# Jet-Pro sofstretch transfer paper Problems with peeling



## thegiftsolution (Mar 25, 2008)

Hi All, 

I am having a lot of problems with Jet-Pro sofstretch transfer paper. I am pressing at 375 for 30 seconds at firm. 

When I go to peel the transfer of the Tee, it is really hard to peel of and parts of the graphic stays on the transfer. 

Anyone having this problem?

What is the solution?

Thank you
Ted


----------



## thegiftsolution (Mar 25, 2008)

Forgot to say that yes, I am peeling it HOT


----------



## Girlzndollz (Oct 3, 2007)

First, are you pre-pressing the shirt to remove the moisture? A good 5 to 7 seconds dries the fabric... what brand shirt and fabric blend are you using?

I have heard of this before, and through one way or another... the issue usually resolves.
Ways it's been fixed before:

*1 - UP the pressure.
*2 - Pre-press the shirt.
*3 - Verify your press is running at the proper temp (check temp with Heat sensor)
*4 - Allow your press to pre-heat for a good 10 minutes, and warm the lower platen before your first shirt is pressed. A cool lower platen will steal the heat from the upper.

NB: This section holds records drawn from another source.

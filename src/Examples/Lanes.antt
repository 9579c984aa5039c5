-- ===== src/Examples/Lanes.antt =====
-- Tests of the settlement of Attempts, of the diagnosis and of recoveries.
use native.Mathlib.Decide.{ℕ_discrete}
use herdr_harness_lite.Base.{filter, some, ◌≡◌, none, ◌∷◌, [], refl, In, includes, false, ◌⊎◌}
use herdr_harness_lite.Controller.Action.{now, next_id}
use herdr_harness_lite.Controller.Ports.{RuntimeObservation, ok}
use herdr_harness_lite.Controller.RecoveringSteps.{
  Recovered, apply_approved-Retries, apply_recovery-Applies,
}
use herdr_harness_lite.Controller.DeliverySteps.{Published, publish-Publishes}
use herdr_harness_lite.Controller.SoundAdvice.{Advised, run_diagnosis-Advised}
use herdr_harness_lite.Model.Attempt.{AgentHandle, Attempt, AgentStatus, AttemptPhase}
use herdr_harness_lite.Controller.Steps.{Step, StepTo}
use herdr_harness_lite.Controller.Diagnosis.{
  run_diagnosis, accept_answer, diagnose, dedupe_evidence, on_turn, record_answer, unseen_evidence,
  take_evidence,
}
use herdr_harness_lite.Model.Job.{Job, publish_ready, worker_running, recovery_approved}
use herdr_harness_lite.Controller.Advice.{Fits, dedupe_evidence-Fits}
use herdr_harness_lite.Model.Incident.{AnalystAdvice, retry_fresh_worker, hold, analyst_advice}
use herdr_harness_lite.Examples.Data.{
  worker_attempt, exhausted, blocked_job_with, deps, system, evidence, session, platform, recorded,
  worker_result, answer, approval,
}
use herdr_harness_lite.Model.Evidence.{build_evidence_pack, EvidenceItem}
use herdr_harness_lite.Controller.Delivery.{publish}
use herdr_harness_lite.Controller.SettlementSteps.{settlements, finish_observed_attempt-Settles}
use herdr_harness_lite.Controller.Applying.{apply_approved, apply_recovery}
use herdr_harness_lite.Controller.Settlement.{finish_observed_attempt}
use herdr_harness_lite.Controller.Turns.{run_diagnosis-Returns}
use herdr_harness_lite.Base.Text.{is_blank}
use herdr_harness_lite.Controller.WaitingSteps.{Waited, diagnose_or_wait-Waits}
use herdr_harness_lite.Controller.Waiting.{diagnose_or_wait}
use herdr_harness_lite.Controller.BlockedSteps.{SettledLate}

abbrev ready_job : Job
ready_job = record (blocked_job_with hold none) {
  state = publish_ready;
  active_attempt = none;
  incident = none;
  analysis = none;
}

publish_example :
    StepTo deps.platform
      (system ready_job).ledger
      ready_job
      (Published deps ready_job)
      (system ready_job).ledger
      (publish deps (system ready_job).ledger ready_job (system ready_job)).1.ledger
publish_example = publish-Publishes deps (system ready_job).ledger ready_job (system ready_job)

abbrev pane : AgentHandle
pane = record { agent_name = "pi"; pane_id = "p"; tab_id = "t"; workspace_id = "w" }

abbrev running_attempt : Attempt
running_attempt = record (worker_attempt AttemptPhase.running none) { handle = some pane }

abbrev running_job : Job
running_job = record (blocked_job_with hold none) {
  state = worker_running;
  worktree = some (record { workspace_id = "w"; path = "/worktree"; branch = "task-7" });
  active_attempt = some running_attempt;
  incident = none;
  analysis = none;
}

abbrev finished : RuntimeObservation
finished = record {
  agent_status = AgentStatus.done;
  result = some worker_result;
  diagnostic = none;
}

settle_example :
    Step deps.platform
      (system running_job).ledger
      running_job
      (settlements running_job running_attempt (some worker_result))
      (system running_job).ledger
      (finish_observed_attempt deps
        (system running_job).ledger
        running_job
        running_attempt
        finished
        (system running_job)).1.ledger
settle_example =
    finish_observed_attempt-Settles deps (system running_job).ledger running_job running_attempt
      finished (system running_job)

abbrev diagnosed_job : Job
diagnosed_job = record (blocked_job_with hold none) { analysis = none; analyst = some session }

waiting_example :
    StepTo deps.platform
      (system diagnosed_job).ledger
      diagnosed_job
      (Waited deps diagnosed_job)
      (system diagnosed_job).ledger
      (diagnose_or_wait deps
        (system diagnosed_job).ledger
        diagnosed_job
        (system diagnosed_job)).1.ledger
waiting_example =
    diagnose_or_wait-Waits deps (system diagnosed_job).ledger diagnosed_job refl
      (system diagnosed_job)

abbrev approved_job : Job
approved_job = record (blocked_job_with retry_fresh_worker (some (recorded ∷ []))) {
  state = recovery_approved;
  revision = 4;
  approval = some (record approval { basis = some analyst_advice; fingerprint = none });
}

apply_example :
    StepTo deps.platform
      (system approved_job).ledger
      approved_job
      (λ j. SettledLate deps approved_job j ⊎ Recovered deps approved_job j)
      (system approved_job).ledger
      (apply_recovery deps (system approved_job).ledger approved_job (system approved_job)).1.ledger
apply_example =
    apply_recovery-Applies deps (system approved_job).ledger approved_job (system approved_job)

retry_states_example :
    StepTo deps.platform
      (system approved_job).ledger
      approved_job
      (Recovered deps approved_job)
      (system approved_job).ledger
      (apply_approved deps (system approved_job).ledger approved_job (system approved_job)).1.ledger
retry_states_example =
    apply_approved-Retries deps (system approved_job).ledger approved_job (system approved_job)

dedupe_example :
    Fits (dedupe_evidence (evidence ∷ evidence ∷ []))
    × ((x : EvidenceItem)
        → In x (dedupe_evidence (evidence ∷ evidence ∷ []))
        → In x (evidence ∷ evidence ∷ []) × (is_blank x.reference ≡ false))
dedupe_example = dedupe_evidence-Fits (evidence ∷ evidence ∷ [])

returned_advice_example :
    (a : AnalystAdvice) × ((run_diagnosis deps diagnosed_job exhausted session
        (system diagnosed_job)).0
      ≡ ok a)
returned_advice_example =
    run_diagnosis-Returns deps diagnosed_job exhausted session (λ e. (_, refl, tt))
      (λ pack turn e. (_, refl, tt)) (λ requests e. (_, refl, tt)) (system diagnosed_job)

abbrev answered_advice : AnalystAdvice
answered_advice =
    accept_answer exhausted
      (build_evidence_pack platform exhausted "job-1" 3 "digest" (evidence ∷ []) []) answer
      "analysis" "2026-01-02T00:00:00Z"

-- The run of the test's ports answers the advice on one item of evidence.
advice_answered :
    (run_diagnosis deps diagnosed_job exhausted session (system diagnosed_job)).0
    ≡ ok answered_advice
unfolding run_diagnosis diagnose on_turn record_answer now next_id dedupe_evidence unseen_evidence
    take_evidence includes is_blank ℕ_discrete filter
advice_answered = refl

sound_advice_example : Advised deps diagnosed_job exhausted answered_advice
sound_advice_example =
    run_diagnosis-Advised deps diagnosed_job exhausted session (system diagnosed_job)
      answered_advice advice_answered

If your press isn't reaching proper temp (#3), you will have troubles similar to this. A non-contact IR heat senson (Harbor Freight carries some) can answer your question on temp. If #'s 1, 2 and 4 don't fix the issue (no cost ways -lol), then #3 just might. I'd say it's fairly even as to how many times it's been one of the above to fix the issue.

Good luck to you... if I've failed to mention another way... I hope someone will come in and offer an additional idea for you... Best regards, Kelly

ps: Come to think of it, there is always the possibility of a bad batch of paper, it does happen, but I've not heard of anyone having issues at the time... I'll keep an eye out for others now.


----------



## thegiftsolution (Mar 25, 2008)

Thank you, I will try your suggestions. I am pre-pressing the shirt for 5 seconds, I use Gildan 100% Heavy Cotton Tees. 

I wanted to try this new paper, however, it has been a nightmare for me. 

I think the best solution is to stick with Ironall, that is what I am using now and don't have any problems at all.

One would not think that a new paper would create this kind of problem when you follow instructions provided.

Thank you again.


----------



## Girlzndollz (Oct 3, 2007)

I would agree with you.. I am an ex-Ironall user who switched to JPSS bc I love its superior color retention.. Ironall for lights peels like butter... and my JPSS doesn't peel like that... it_ pulls _more than peels off... but the image does transfer from the paper to the substrate...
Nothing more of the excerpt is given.